The attack aimed at the will of the decedent Parsons by the respondent was made in response to a petition for partial distribution filed more than one year after the will was admitted to probate — an independent and wholly distinct proceeding from that for the probate of the document. It is, therefore, a collateral and not a direct attack. ( Estate of Davis, supra.) The respondent resisted the granting of the petition on the ground that "subsequent to the execution of the last will and testament . . . William Parsons, with intent and purpose of canceling each and every provision in said will contained in favor of said petitioners . . . and each of them, did with his own hand draw lines through and across said provisions, and each of them, and did expressly cancel and revoke the same." The issue thus joined was one which could properly have been raised upon the proceeding for the probate of the will. Not having been so raised, and more than one year having elapsed since the order was made, the instrument admitted is now conclusive evidence as to the intent of the testator. ( In re Maxwell, 74 Cal. 384, 386 [16 P. 206].) In the case cited a devise contained in the will was excepted to on petition for distribution, on the ground that it had been obtained by false and fraudulent representations made by the beneficiary to the testator. The court in probate held that the exceptions stated no ground for relief, and this court affirmed the ruling on the ground that such an objection to the devise could not be raised on petition for distribution of the estate.

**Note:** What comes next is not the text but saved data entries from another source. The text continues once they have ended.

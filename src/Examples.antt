-- ===== src/Examples.antt =====
-- Concrete instances of what the models take from outside, and runs of the models on them.
pub mod Instances
mod Transfers
mod Swarms
mod Bridges
mod Pipelines
mod Servers
mod Clients
mod Nodes
mod Systems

The cases cited and relied on by respondent deal with questions concerning the construction to be placed on wills, and not with matters which can only arise on application for probate in the first instance, or in properly instituted contests. We conclude, therefore, on this phase of the case, that the lower court was in error in denying the petition of the appellants for partial distribution on the ground that the provisions of the will making the bequests for them had been revoked.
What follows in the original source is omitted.